Question: How do you find the limit of \[\dfrac{{\sin x}}{x}\] as \[x\] approaches to \[\infty \]?...

Question

How do you find the limit of $\dfrac{{\sin x}}{x}$ as $x$ approaches to $\infty$ ?

Answer 1

Solution

To find the limit of the given function $\dfrac{{\sin x}}{x}$ , apply squeeze theorem. As it deals with the limit values, rather than function values and if we have some function f(x), we define new functions h(x), g(x) such that $h\left( x \right) \leqslant f\left( x \right) \leqslant g\left( x \right)$ .
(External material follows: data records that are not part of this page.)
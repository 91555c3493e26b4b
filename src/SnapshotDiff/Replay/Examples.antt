-- ===== src/SnapshotDiff/Replay/Examples.antt =====
-- A run of the diff at concrete inputs (src/specialist/snapshot-diff.ts).
use unit_ai_specialists.Common.{ℕ, ◌+◌, ◌==◌, ◌≡◌, refl, Bool, List, [], ◌∷◌, String, length}
use unit_ai_specialists.Common.Dict.{get, set}
use unit_ai_specialists.SnapshotDiff.{add_by_key, snapshot_diff, upserts_of}
use unit_ai_specialists.SnapshotDiff.Replay.{Agree, replay, replay-Agree}

abbrev Row : Type 0
Row = String × ℕ

abbrev key : Row → String
key row = row.0

abbrev same : Row → Row → Bool
same a b = a.1 == b.1

abbrev old_rows : List Row
old_rows = ("a", 1) ∷ ("b", 2) ∷ ("c", 3) ∷ []

abbrev new_rows : List Row
new_rows = ("b", 5) ∷ ("c", 3) ∷ ("d", 4) ∷ []

diff_test : (snapshot_diff key same old_rows new_rows).upserts ≡ ("b", 5) ∷ ("d", 4) ∷ []
unfolding snapshot_diff add_by_key upserts_of get set
diff_test = refl

replay-Agree_example :
    let d = snapshot_diff key same old_rows new_rows in
    let after = add_by_key key same new_rows [] in
    Agree key same (get "b" (replay key same d (add_by_key key same old_rows []))) (get "b" after)
    × (length d.upserts + d.unchanged_count ≡ length after)
replay-Agree_example = replay-Agree key same old_rows new_rows "b"
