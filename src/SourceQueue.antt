-- ===== src/SourceQueue.antt =====
-- `SourceQueue` of src/specialist/source-queue.ts. A step is what runs between two events: a call, the
-- timer, the end of a run. `timer` holds the run that the pending timer was set for, and `active` counts
-- the runs that have started and not ended.
mod Examples
use unit_ai_specialists.Common.{
  ℕ, ◌≡◌, refl, ap, Bool, true, false, not, ◌||◌, Option, none, some, List, [], ◌∷◌, ◌++◌, String,
  defined, length, if◌then◌else◌, arith, ◌<◌, ◌-◌, suc, ◌⊎◌, inl, inr, Bool-cases, Option-cases,
}

pub record Queue : Type 0 where
  pub running : Bool
  pub queued : Bool
  pub timer : Option String
  pub active : ℕ

abbrev pub empty : Queue
empty = record { running = false; queued = false; timer = none; active = 0 }

unfoldable pub enqueue : String → Queue → Queue
enqueue run q =
    let asked : Queue = record q { queued = true } in
    if q.running || defined q.timer then asked else record asked { timer = some run }

-- `drain` up to its await.
drain : String → Queue → Queue
drain run q =
    if not q.queued || q.running
    then q
    else record q { running = true; queued = false; active = suc q.active }

-- The timer fires.
unfoldable pub fire : String → Queue → Queue
unfolding drain
fire run q = drain run (record q { timer = none })

-- The rest of `drain`, once its run has ended or thrown.
unfoldable pub finish : String → Queue → Queue
unfolding enqueue
finish run q =
    let done : Queue = record q { running = false; active = q.active - 1 } in
    if q.queued then enqueue run done else done

unfoldable pub cancel : Queue → Queue
cancel q = record q { timer = none; queued = false }

pub data Reach : Queue → Type 0 where
  here : Reach empty
  enqueues : {q : Queue} (run : String) → Reach q → Reach (enqueue run q)
  fires : {q : Queue} (run : String) → Reach q → q.timer ≡ some run → Reach (fire run q)
  finishes : {q : Queue} (run : String) → Reach q → 0 < q.active → Reach (finish run q)
  cancels : {q : Queue} → Reach q → Reach (cancel q)

-- One run at most is active, and only when the flag says so; what is queued has a run or a timer to
-- wait for, and never both.
abbrev pub WellFormed : Queue → Type 0
WellFormed q =
    (q.active ≡ (if q.running then 1 else 0))
    × (q.queued ≡ true → (q.running || defined q.timer) ≡ true)
    × (defined q.timer ≡ true → (q.running ≡ false) × (q.queued ≡ true))

enqueue-WellFormed :
    (run : String) (q : Queue)
    → q.active ≡ (if q.running then 1 else 0)
    → (defined q.timer ≡ true → q.running ≡ false)
    → WellFormed (enqueue run q)
unfolding enqueue
enqueue-WellFormed run q one shut = elim (Bool-cases q.running) [
  | inl r ↦ rw r (rw r at one, (λ h. refl), (λ h. absurd (ground (arith, r, shut h))))
  | inr r ↦ elim (Option-cases q.timer) [
    | inl t ↦ rw (r, t) (rw r at one, (λ h. refl), (λ h. (refl, refl)))
    | inr (x, t) ↦ rw (r, t) (rw r at one, (λ h. refl), (λ h. (refl, refl)))
  ]
]

fire-WellFormed :
    (run x : String) (q : Queue) → q.timer ≡ some x → WellFormed q → WellFormed (fire run q)
unfolding fire drain
fire-WellFormed run x q t (one, served, shut) =
    let (idle, asked) = shut (rw t refl) in
    rw (idle, asked)
      (rw idle at (ap suc one), (λ h. absurd (ground arith)), (λ h. absurd (ground arith)))

finish-WellFormed :
    (run : String) (q : Queue) → 0 < q.active → WellFormed q → WellFormed (finish run q)
unfolding finish
finish-WellFormed run q some_active (one, served, shut) =
    let runs : q.running ≡ true = ground (arith, one, some_active) in
    let left : q.active - 1 ≡ 0 = ground (arith, one, some_active) in
    let no_timer : (defined q.timer ≡ true) → ⊥ = λ h. ground (arith, runs, (shut h).0) in
    elim (Bool-cases q.queued) [
      | inl a ↦ rw a (
          enqueue-WellFormed run (record q { running = false; active = q.active - 1 }) left
            (λ h. refl))
      | inr a ↦ rw a (left, (λ h. absurd (ground (arith, h))), (λ h. absurd (no_timer h)))
    ]

-- In every run of the queue at most one of its runs is active, and a queued request has an active run
-- or a timer to wait for, so that none is forgotten; the timer is set only while nothing runs.
pub queue-WellFormed : (q : Queue) → Reach q → WellFormed q
unfolding cancel
queue-WellFormed q here = (refl, (λ h. absurd (ground arith)), (λ h. absurd (ground arith)))
queue-WellFormed q (enqueues {q = p} run r) =
    let (one, served, shut) = queue-WellFormed p r in enqueue-WellFormed run p one (λ h. (shut h).0)
queue-WellFormed q (fires {q = p} run r t) = fire-WellFormed run run p t (queue-WellFormed p r)
queue-WellFormed q (finishes {q = p} run r a) = finish-WellFormed run p a (queue-WellFormed p r)
queue-WellFormed q (cancels {q = p} r) =
    ((queue-WellFormed p r).0, (λ h. absurd (ground arith)), (λ h. absurd (ground arith)))

-- The run for which a timer fires starts, and the request is no longer queued.
abbrev pub Runs : String → Queue → Type 0
Runs run q = (q.timer ≡ some run) × ((fire run q).active ≡ 1) × ((fire run q).queued ≡ false)

timer-Runs : (x : String) (q : Queue) → WellFormed q → q.timer ≡ some x → Runs x q
unfolding fire drain
timer-Runs x q (one, served, shut) t =
    let (idle, asked) = shut (rw t refl) in
    (t, rw (idle, asked) (rw idle at (ap suc one)), rw (idle, asked) refl)

finish-timer :
    (run : String) (q : Queue) → q.queued ≡ true → q.timer ≡ none → (finish run q).timer ≡ some run
unfolding finish enqueue
finish-timer run q a t = rw a (rw t refl)

-- A queued request is served next: when the active run ends, where there is one, a timer is set, and
-- when the timer fires a run starts for it.
pub request-Runs :
    (q : Queue) (run : String)
    → Reach q
    → q.queued ≡ true
    → (q.running ≡ true → Runs run (finish run q)) × (q.running ≡ false → (x : String) × Runs x q)
request-Runs q run r a =
    let w = queue-WellFormed q r in
    let (one, served, shut) = w in
    (
      λ b.
          let some_active : 0 < q.active = ground (arith, one, b) in
          timer-Runs run (finish run q) (finish-WellFormed run q some_active w) (
            finish-timer run q a (elim (Option-cases q.timer) [
              | inl t ↦ t
              | inr (x, t) ↦ absurd (ground (arith, b, (shut (rw t refl)).0))
            ])),
      λ b. elim (Option-cases q.timer) [
        | inl t ↦ absurd (ground (arith, served a, b, t))
        | inr (x, t) ↦ (x, timer-Runs x q w t)
      ],
    )
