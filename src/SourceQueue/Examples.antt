-- ===== src/SourceQueue/Examples.antt =====
-- Runs of the source queue at concrete inputs (src/specialist/source-queue.ts).
use unit_ai_specialists.Common.{◌≡◌, refl, some, true, false, String}
use unit_ai_specialists.SourceQueue.{
  Queue, empty, enqueue, fire, finish, Reach, here, enqueues, fires, WellFormed, queue-WellFormed,
  Runs, request-Runs,
}

-- A request arrives while the run of the one before is active.
abbrev busy : Queue
busy = enqueue "repo" (fire "repo" (enqueue "repo" empty))

set_first : (enqueue "repo" empty).timer ≡ some "repo"
unfolding enqueue
set_first = refl

ran : Reach busy
ran = enqueues "repo" (fires "repo" (enqueues "repo" here) set_first)

busy_queued : busy.queued ≡ true
unfolding enqueue fire
busy_queued = refl

queue-WellFormed_example : WellFormed busy
queue-WellFormed_example = queue-WellFormed busy ran

request-Runs_example :
    (busy.running ≡ true → Runs "repo" (finish "repo" busy))
    × (busy.running ≡ false → (x : String) × Runs x busy)
request-Runs_example = request-Runs busy "repo" ran busy_queued
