-- ===== src/StaleJobs/Commands.antt =====
-- `isSpecialistRunCommand` of src/specialist/process-health.ts, on the code units of a command line.
use unit_ai_specialists.Common.{
  ℕ, ◌==◌, Bool, true, false, not, ◌&&◌, ◌||◌, List, [], ◌∷◌, String, map, ◌≡◌, refl, if◌then◌else◌,
}
use unit_ai_specialists.Common.Text.{codes, is_space, same_codes}

-- `raw.replace(/\0/g, ' ')`.
unfoldable pub spaced : List ℕ → List ℕ
spaced s = map (λ c. if c == 0 then 32 else c) s

abbrev push_word : List ℕ → List (List ℕ) → List (List ℕ)
push_word [] words = words
push_word (c ∷ cs) words = (c ∷ cs) ∷ words

abbrev first_word : List (List ℕ) → List ℕ
first_word [] = []
first_word (w ∷ ws) = w

abbrev other_words : List (List ℕ) → List (List ℕ)
other_words [] = []
other_words (w ∷ ws) = ws

-- The pieces between white space, the empty ones too: the first piece may be empty.
pieces : List ℕ → List (List ℕ)
pieces [] = [] ∷ []
pieces (c ∷ s) =
    let rest = pieces s in
    if is_space c then [] ∷ rest else (c ∷ first_word rest) ∷ other_words rest

drop_empty : List (List ℕ) → List (List ℕ)
drop_empty [] = []
drop_empty (w ∷ ws) = push_word w (drop_empty ws)

-- `cmdline.split(/\s+/).filter(Boolean)`.
unfoldable pub tokens : List ℕ → List (List ℕ)
unfolding pieces drop_empty is_space
tokens s = drop_empty (pieces s)

-- `command.split('/').pop()`: what follows the last slash; `seen` is what followed the one before.
basename_from : List ℕ → List ℕ → List ℕ
basename_from [] seen = seen
basename_from (c ∷ s) seen = basename_from s (if c == b'/' then [] else append_one seen c)
  where
    append_one : List ℕ → ℕ → List ℕ
    append_one [] c = c ∷ []
    append_one (x ∷ xs) c = x ∷ append_one xs c

unfoldable pub basename : List ℕ → List ℕ
unfolding basename_from
basename s = basename_from s []

abbrev pub is_named : String → List ℕ → Bool
is_named name s = same_codes (codes name) (basename s)

unfoldable pub is_shell_wrapper : List ℕ → Bool
unfolding basename
is_shell_wrapper s = is_named "sh" s || is_named "bash" s || is_named "zsh" s || is_named "fish" s

abbrev is_run : List (List ℕ) → Bool
is_run [] = false
is_run (w ∷ ws) = same_codes (codes "run") w

-- The token after the first one that names the program is `run`.
unfoldable pub runs_specialist : List (List ℕ) → Bool
unfolding basename
runs_specialist [] = false
runs_specialist (w ∷ ws) =
    let rest = runs_specialist ws in
    if is_named "specialists" w || is_named "sp" w then is_run ws else rest

unfoldable pub is_command : List (List ℕ) → Bool
unfolding is_shell_wrapper runs_specialist
is_command [] = false
is_command (w ∷ ws) = not (is_shell_wrapper w) && runs_specialist (w ∷ ws)

unfoldable pub is_specialist_run_command : List ℕ → Bool
unfolding tokens is_command
is_specialist_run_command s = is_command (tokens s)

read_command : is_specialist_run_command (codes "/usr/bin/node  /opt/bin/sp run explorer") ≡ true
unfolding is_specialist_run_command
read_command = refl

wrapped_command : is_specialist_run_command (codes "/bin/bash -c sp run explorer") ≡ false
unfolding is_specialist_run_command
wrapped_command = refl
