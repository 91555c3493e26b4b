-- ===== src/StaleJobs.antt =====
-- `collectStaleSpecialistJobs` of src/specialist/process-health.ts: the jobs that a clean-up may end.
-- What /proc says of a process id, the last activity of a job and the statuses are arguments; times
-- are whole milliseconds. The command line of a process is the list of its code units.
pub mod Commands
pub mod Laws
mod Examples
use unit_ai_specialists.Common.{
  ℕ, ◌+◌, ◌-◌, ltb, leb, ◌==◌, Bool, true, false, not, ◌&&◌, ◌||◌, Option, none, some, List, [],
  ◌∷◌, ◌++◌, String, filter, if◌then◌else◌,
}
use unit_ai_specialists.Common.Sorting.{sort_by}
use unit_ai_specialists.Job.{JobStatus, starting, running, waiting, done, error, cancelled}
use unit_ai_specialists.StaleJobs.Commands.{is_specialist_run_command, spaced}

pub record StatusRow : Type 0 where
  pub id : String
  pub specialist : String
  pub status : JobStatus
  pub pid : Option ℕ
  pub updated_at_ms : Option ℕ
  pub bead_id : Option String

pub record Snapshot : Type 0 where
  pub ppid : ℕ
  pub cmdline : List ℕ
  pub cwd : Option String

-- What can be read of a process: a whole snapshot or its parts, and whether it answers a signal.
pub record Process : Type 0 where
  pub snapshot : Option Snapshot
  pub is_dead : Bool
  pub raw_ppid : Option ℕ
  pub raw_cmdline : Option (List ℕ)
  pub raw_cwd : Option String

pub data StaleReason : Type 0 where
  dead_pid orphaned_keep_alive dead_toolchain terminal_alive : StaleReason

pub record Candidate : Type 0 where
  pub job_id : String
  pub pid : ℕ
  pub bead_id : Option String
  pub specialist : String
  pub cwd : Option String
  pub age_ms : ℕ
  pub reason : StaleReason

abbrev pub is_active_status : JobStatus → Bool
is_active_status starting = true
is_active_status running = true
is_active_status waiting = true
is_active_status _ = false

abbrev pub is_terminal_status : JobStatus → Bool
is_terminal_status s = not (is_active_status s)

abbrev pub is_waiting_status : JobStatus → Bool
is_waiting_status waiting = true
is_waiting_status _ = false

abbrev pub is_starting_status : JobStatus → Bool
is_starting_status starting = true
is_starting_status _ = false

abbrev pub or_number : Option ℕ → ℕ → ℕ
or_number none n = n
or_number (some m) n = m

-- `Math.max(0, nowMs - (updated_at_ms ?? nowMs))`.
abbrev pub age_of : ℕ → StatusRow → ℕ
age_of now row = now - or_number row.updated_at_ms now

unfoldable pub candidate : StatusRow → ℕ → Option String → ℕ → StaleReason → Candidate
candidate row pid cwd age reason = record {
  job_id = row.id;
  pid = pid;
  bead_id = row.bead_id;
  specialist = row.specialist;
  cwd = cwd;
  age_ms = age;
  reason = reason;
}

-- A run whose parent is the first process, from the parts of a process that could be read.
abbrev pub orphaned_parts : Option ℕ → Option (List ℕ) → Bool
orphaned_parts (some ppid) (some (c ∷ cs)) =
    ppid == 1 && is_specialist_run_command (spaced (c ∷ cs))
orphaned_parts _ _ = false

abbrev pub orphaned_run : Snapshot → Bool
orphaned_run s = s.ppid == 1 && is_specialist_run_command s.cmdline

-- `nowMs - lastActivityMs < minKeepAliveAgeMs`, of an activity that is known.
abbrev pub is_recent : ℕ → ℕ → Option ℕ → Bool
is_recent now min_age none = false
is_recent now min_age (some at_ms) = ltb now (at_ms + min_age)

abbrev pub only_if : Bool → Candidate → Option Candidate
only_if b c = if b then some c else none

unfoldable pub judge_unread : ℕ → ℕ → StatusRow → ℕ → Process → Option Candidate
judge_unread now min_age row pid p =
    if p.is_dead && leb min_age (age_of now row)
    then some (candidate row pid none (age_of now row) dead_pid)
    else only_if (is_waiting_status row.status && orphaned_parts p.raw_ppid p.raw_cmdline)
        (candidate row pid p.raw_cwd (age_of now row) orphaned_keep_alive)

unfoldable pub judge_snapshot : ℕ → ℕ → Option ℕ → StatusRow → ℕ → Snapshot → Option Candidate
judge_snapshot now min_age last_activity row pid s =
    if is_waiting_status row.status && orphaned_run s && leb min_age (age_of now row)
    then some (candidate row pid s.cwd (age_of now row) orphaned_keep_alive)
    else only_if
        (not (is_starting_status row.status)
          && leb min_age (age_of now row)
          && not (is_recent now min_age last_activity))
        (candidate row pid s.cwd (age_of now row) dead_toolchain)

abbrev pub judge_process :
    ℕ → ℕ → Option ℕ → StatusRow → ℕ → Process → Option Snapshot → Option Candidate
judge_process now min_age last_activity row pid p none = judge_unread now min_age row pid p
judge_process now min_age last_activity row pid p (some s) =
    judge_snapshot now min_age last_activity row pid s

-- A row without a positive process id is passed over.
unfoldable pub judge_active :
    ℕ → ℕ → (ℕ → Process) → (String → Option ℕ) → StatusRow → Option ℕ → Option Candidate
unfolding judge_unread judge_snapshot
judge_active now min_age proc activity row none = none
judge_active now min_age proc activity row (some pid) =
    if ltb 0 pid
    then judge_process now min_age (activity row.id) row pid (proc pid) (proc pid).snapshot
    else none

abbrev pub judge_ended : ℕ → StatusRow → ℕ → Process → Option Snapshot → Option Candidate
judge_ended now row pid p none =
    only_if (not p.is_dead) (candidate row pid p.raw_cwd (age_of now row) terminal_alive)
judge_ended now row pid p (some s) = some (candidate row pid s.cwd (age_of now row) terminal_alive)

unfoldable pub judge_terminal : ℕ → ℕ → (ℕ → Process) → StatusRow → Option ℕ → Option Candidate
judge_terminal now min_age proc row none = none
judge_terminal now min_age proc row (some pid) =
    if ltb 0 pid && leb min_age (age_of now row)
    then judge_ended now row pid (proc pid) (proc pid).snapshot
    else none

abbrev pub push_some : Option Candidate → List Candidate → List Candidate
push_some none rest = rest
push_some (some c) rest = c ∷ rest

unfoldable pub collect_active :
    ℕ → ℕ → (ℕ → Process) → (String → Option ℕ) → List StatusRow → List Candidate
collect_active now min_age proc activity [] = []
collect_active now min_age proc activity (row ∷ rows) =
    push_some (judge_active now min_age proc activity row row.pid)
      (collect_active now min_age proc activity rows)

unfoldable pub collect_terminal : ℕ → ℕ → (ℕ → Process) → List StatusRow → List Candidate
collect_terminal now min_age proc [] = []
collect_terminal now min_age proc (row ∷ rows) =
    push_some (judge_terminal now min_age proc row row.pid) (collect_terminal now min_age proc rows)

unfoldable pub collect_stale_specialist_jobs :
    ℕ → ℕ → ℕ → (ℕ → Process) → (String → Option ℕ) → List StatusRow → List Candidate
unfolding collect_active collect_terminal
collect_stale_specialist_jobs now min_keep_alive min_terminal proc activity statuses =
    sort_by (λ c. c.pid)
      (collect_active now min_keep_alive proc activity
          (filter (λ r. is_active_status r.status) statuses)
        ++ collect_terminal now min_terminal proc
            (filter (λ r. is_terminal_status r.status) statuses))
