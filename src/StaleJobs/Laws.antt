-- ===== src/StaleJobs/Laws.antt =====
-- Why a job is reported as stale.
use unit_ai_specialists.Common.{
  ℕ, ◌≤◌, ltb, leb, Bool, true, false, not, ◌&&◌, ◌≡◌, refl, Option, none, some, List, [], ◌∷◌,
  ◌++◌, Memᴰ, String, filter, All, All-append, All-Memᴰ, All-filter_self, if_both, arith,
}
use unit_ai_specialists.Common.Sorting.{SortedBy, SortedBy-sort_by, All-sort_by, All-filter}
use unit_ai_specialists.StaleJobs.{
  StatusRow, Snapshot, Process, StaleReason, dead_pid, orphaned_keep_alive, dead_toolchain,
  terminal_alive, Candidate, is_active_status, is_terminal_status, is_waiting_status, age_of,
  orphaned_parts, orphaned_run, is_recent, only_if, candidate, judge_unread, judge_snapshot,
  judge_process, judge_active, judge_ended, judge_terminal, push_some, collect_active,
  collect_terminal, collect_stale_specialist_jobs, is_starting_status,
}

module _ (now min_keep_alive min_terminal : ℕ) (proc : ℕ → Process)
    (activity : String → Option ℕ) where
  -- What each reason stands for.
  abbrev pub Justified : StatusRow → ℕ → StaleReason → Type 0
  Justified row pid dead_pid =
      (is_active_status row.status ≡ true)
      × ((proc pid).is_dead ≡ true)
      × (min_keep_alive ≤ age_of now row)
  Justified row pid orphaned_keep_alive = is_waiting_status row.status ≡ true
  Justified row pid dead_toolchain =
      (is_active_status row.status ≡ true)
      × (min_keep_alive ≤ age_of now row)
      × (is_recent now min_keep_alive (activity row.id) ≡ false)
  Justified row pid terminal_alive =
      (is_terminal_status row.status ≡ true) × (min_terminal ≤ age_of now row)

  -- A candidate names its row and the process of it, and its reason holds.
  abbrev pub Sound : StatusRow → Candidate → Type 0
  Sound row c = (c.job_id ≡ row.id) × (row.pid ≡ some c.pid) × Justified row c.pid c.reason

  abbrev SoundIf : StatusRow → Option Candidate → Type 0
  SoundIf row none = Unit {0}
  SoundIf row (some c) = Sound row c

  only_if-Sound :
      (row : StatusRow) (b : Bool) (c : Candidate)
      → (b ≡ true → Sound row c)
      → SoundIf row (only_if b c)
  only_if-Sound row b c h = if_both (SoundIf row) b {x = some c} {y = none} h (λ _. tt)

  module _ (row : StatusRow) (pid : ℕ) (own : row.pid ≡ some pid) where
    unread-Sound :
        is_active_status row.status ≡ true
        → SoundIf row (judge_unread now min_keep_alive row pid (proc pid))
    unfolding judge_unread candidate
    unread-Sound active =
        let p = proc pid in
        let age = age_of now row in
        let orphaned = is_waiting_status row.status && orphaned_parts p.raw_ppid p.raw_cmdline in
        let kept = candidate row pid p.raw_cwd age orphaned_keep_alive in
        if_both (SoundIf row) (p.is_dead && leb min_keep_alive age)
          {x = some (candidate row pid none age dead_pid)} {y = only_if orphaned kept}
          (λ t. (refl, own, (active, ground (arith, t), ground (arith, t))))
          (λ _. only_if-Sound row orphaned kept (λ t. (refl, own, ground (arith, t))))

    snapshot-Sound :
        (s : Snapshot)
        → is_active_status row.status ≡ true
        → SoundIf row (judge_snapshot now min_keep_alive (activity row.id) row pid s)
    unfolding judge_snapshot candidate
    snapshot-Sound s active =
        let age = age_of now row in
        let idle =
          not (is_starting_status row.status)
          && leb min_keep_alive age
          && not (is_recent now min_keep_alive (activity row.id)) in
        let stuck = candidate row pid s.cwd age dead_toolchain in
        if_both (SoundIf row)
          (is_waiting_status row.status && orphaned_run s && leb min_keep_alive age)
          {x = some (candidate row pid s.cwd age orphaned_keep_alive)} {y = only_if idle stuck}
          (λ t. (refl, own, ground (arith, t)))
          (λ _.
            only_if-Sound row idle stuck
              (λ t. (refl, own, (active, ground (arith, t), ground (arith, t)))))

    process-Sound :
        (o : Option Snapshot)
        → is_active_status row.status ≡ true
        → SoundIf row (judge_process now min_keep_alive (activity row.id) row pid (proc pid) o)
    process-Sound none active = unread-Sound active
    process-Sound (some s) active = snapshot-Sound s active

    ended-Sound :
        (o : Option Snapshot)
        → is_terminal_status row.status ≡ true
        → min_terminal ≤ age_of now row
        → SoundIf row (judge_ended now row pid (proc pid) o)
    unfolding candidate
    ended-Sound none ended old =
        only_if-Sound row (not (proc pid).is_dead)
          (candidate row pid (proc pid).raw_cwd (age_of now row) terminal_alive)
          (λ _. (refl, own, (ended, old)))
    ended-Sound (some s) ended old = (refl, own, (ended, old))

  active-Sound :
      (row : StatusRow) (o : Option ℕ)
      → row.pid ≡ o
      → is_active_status row.status ≡ true
      → SoundIf row (judge_active now min_keep_alive proc activity row o)
  unfolding judge_active
  active-Sound row none own active = tt
  active-Sound row (some pid) own active =
      if_both (SoundIf row) (ltb 0 pid)
        {x = judge_process now min_keep_alive (activity row.id) row pid (proc pid)
          (proc pid).snapshot}
        {y = none} (λ _. process-Sound row pid own (proc pid).snapshot active) (λ _. tt)

  terminal-Sound :
      (row : StatusRow) (o : Option ℕ)
      → row.pid ≡ o
      → is_terminal_status row.status ≡ true
      → SoundIf row (judge_terminal now min_terminal proc row o)
  unfolding judge_terminal
  terminal-Sound row none own ended = tt
  terminal-Sound row (some pid) own ended =
      if_both (SoundIf row) (ltb 0 pid && leb min_terminal (age_of now row))
        {x = judge_ended now row pid (proc pid) (proc pid).snapshot} {y = none}
        (λ t. ended-Sound row pid own (proc pid).snapshot ended (ground (arith, t))) (λ _. tt)

  -- A candidate that is sound for some of these rows.
  abbrev pub Reported : List StatusRow → Candidate → Type 0
  Reported rows c = (row : StatusRow) × Memᴰ row rows × Sound row c

  pushed-Reported :
      (statuses : List StatusRow) (row : StatusRow) (o : Option Candidate) (rest : List Candidate)
      → Memᴰ row statuses
      → SoundIf row o
      → All (Reported statuses) rest
      → All (Reported statuses) (push_some o rest)
  pushed-Reported statuses row none rest m h k = k
  pushed-Reported statuses row (some c) rest m h k = ((row, m, h), k)

  active-Reported :
      (statuses rows : List StatusRow)
      → All (λ r. Memᴰ r statuses) rows
      → All (λ r. is_active_status r.status ≡ true) rows
      → All (Reported statuses) (collect_active now min_keep_alive proc activity rows)
  unfolding collect_active
  active-Reported statuses [] m h = tt
  active-Reported statuses (row ∷ rows) m h =
      pushed-Reported statuses row (judge_active now min_keep_alive proc activity row row.pid)
        (collect_active now min_keep_alive proc activity rows) m.0
        (active-Sound row row.pid refl h.0) (active-Reported statuses rows m.1 h.1)

  terminal-Reported :
      (statuses rows : List StatusRow)
      → All (λ r. Memᴰ r statuses) rows
      → All (λ r. is_terminal_status r.status ≡ true) rows
      → All (Reported statuses) (collect_terminal now min_terminal proc rows)
  unfolding collect_terminal
  terminal-Reported statuses [] m h = tt
  terminal-Reported statuses (row ∷ rows) m h =
      pushed-Reported statuses row (judge_terminal now min_terminal proc row row.pid)
        (collect_terminal now min_terminal proc rows) m.0 (terminal-Sound row row.pid refl h.0)
        (terminal-Reported statuses rows m.1 h.1)

  -- The report is in the order of the process ids, and each job in it has a status row with that id
  -- and process: a job said to be dead or idle is active and was not updated within the window, a
  -- dead one has no process, an idle one has no recent activity that is known, an orphan is waiting,
  -- and a job said to have ended alive is terminal and was not updated within its own window.
  pub stale-Reported :
      (statuses : List StatusRow)
      → (let report =
            collect_stale_specialist_jobs now min_keep_alive min_terminal proc activity statuses in
          SortedBy (λ c. c.pid) report × All (Reported statuses) report)
  unfolding collect_stale_specialist_jobs
  stale-Reported statuses =
      let key = λ (c : Candidate). c.pid in
      let is_live = λ (r : StatusRow). is_active_status r.status in
      let is_over = λ (r : StatusRow). is_terminal_status r.status in
      let live = filter is_live statuses in
      let over = filter is_over statuses in
      let mine = All-Memᴰ statuses in
      let found = collect_active now min_keep_alive proc activity live in
      let left = collect_terminal now min_terminal proc over in
      (
        SortedBy-sort_by key (found ++ left),
        All-sort_by key (Reported statuses) (found ++ left) (
            All-append (Reported statuses) found left
              (active-Reported statuses live
                (All-filter (λ r. Memᴰ r statuses) is_live statuses mine)
                (All-filter_self is_live statuses))
              (terminal-Reported statuses over
                (All-filter (λ r. Memᴰ r statuses) is_over statuses mine)
                (All-filter_self is_over statuses))),
      )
Complete step by step solution:
Let us write the given function as
$\dfrac{{\sin x}}{x}$
We'll use the Squeeze Theorem, which states that if we have some function f(x), we define new functions h(x), g(x) such that
$h\left( x \right) \leqslant f\left( x \right) \leqslant g\left( x \right)$
Then, we'll take
$\mathop {\lim }\limits_{x \to a} h\left( x \right)$ , $\mathop {\lim }\limits_{x \to a} g\left( x \right)$
If these limits are equal, then
$\mathop {\lim }\limits_{x \to a} f\left( x \right) = \mathop {\lim }\limits_{x \to a} h\left( x \right) = \mathop {\lim }\limits_{x \to a} g\left( x \right)$
Hence, all the limits are equal.
We know that
$- 1 \leqslant \sin x \leqslant 1$
Then,
$- \dfrac{1}{x} \leqslant \dfrac{{\sin x}}{x} \leqslant \dfrac{1}{x}$
Take
$\mathop {\lim }\limits_{x \to \infty } - \dfrac{1}{x},$
As $x \to \infty$ , we get
$\mathop {\lim }\limits_{x \to \infty } - \dfrac{1}{x} = - \dfrac{1}{\infty } = 0$
$\mathop {\lim }\limits_{x \to \infty } \dfrac{1}{x} = \dfrac{1}{\infty } = 0$

Hence,
$\mathop {\lim }\limits_{x \to \infty } \dfrac{{\sin x}}{x} = 0$ .

Additional information:
Here are some of the properties to find the limit functions:
Sum Rule: This rule states that the limit of the sum of two functions is equal to the sum of their limits.
Constant Function Rule: The limit of a constant function is the constant.
Constant Multiple Rule: The limit of a constant times a function is equal to the product of the constant and the limit of the function.
Product Rule: This rule says that the limit of the product of two functions is the product of their limits (if they exist).
Quotient Rule: The limit of quotient of two functions is the quotient of their limits, provided that the limit in the denominator function is not zero.

Note:
For a limit approaching the given value, the original functions must be differentiable on either side of value, but not necessarily at the value given. The limit of a quotient is equal to the quotient of the limits. The limit of a constant function is equal to the constant. The limit of a linear function is equal to the number x is approaching.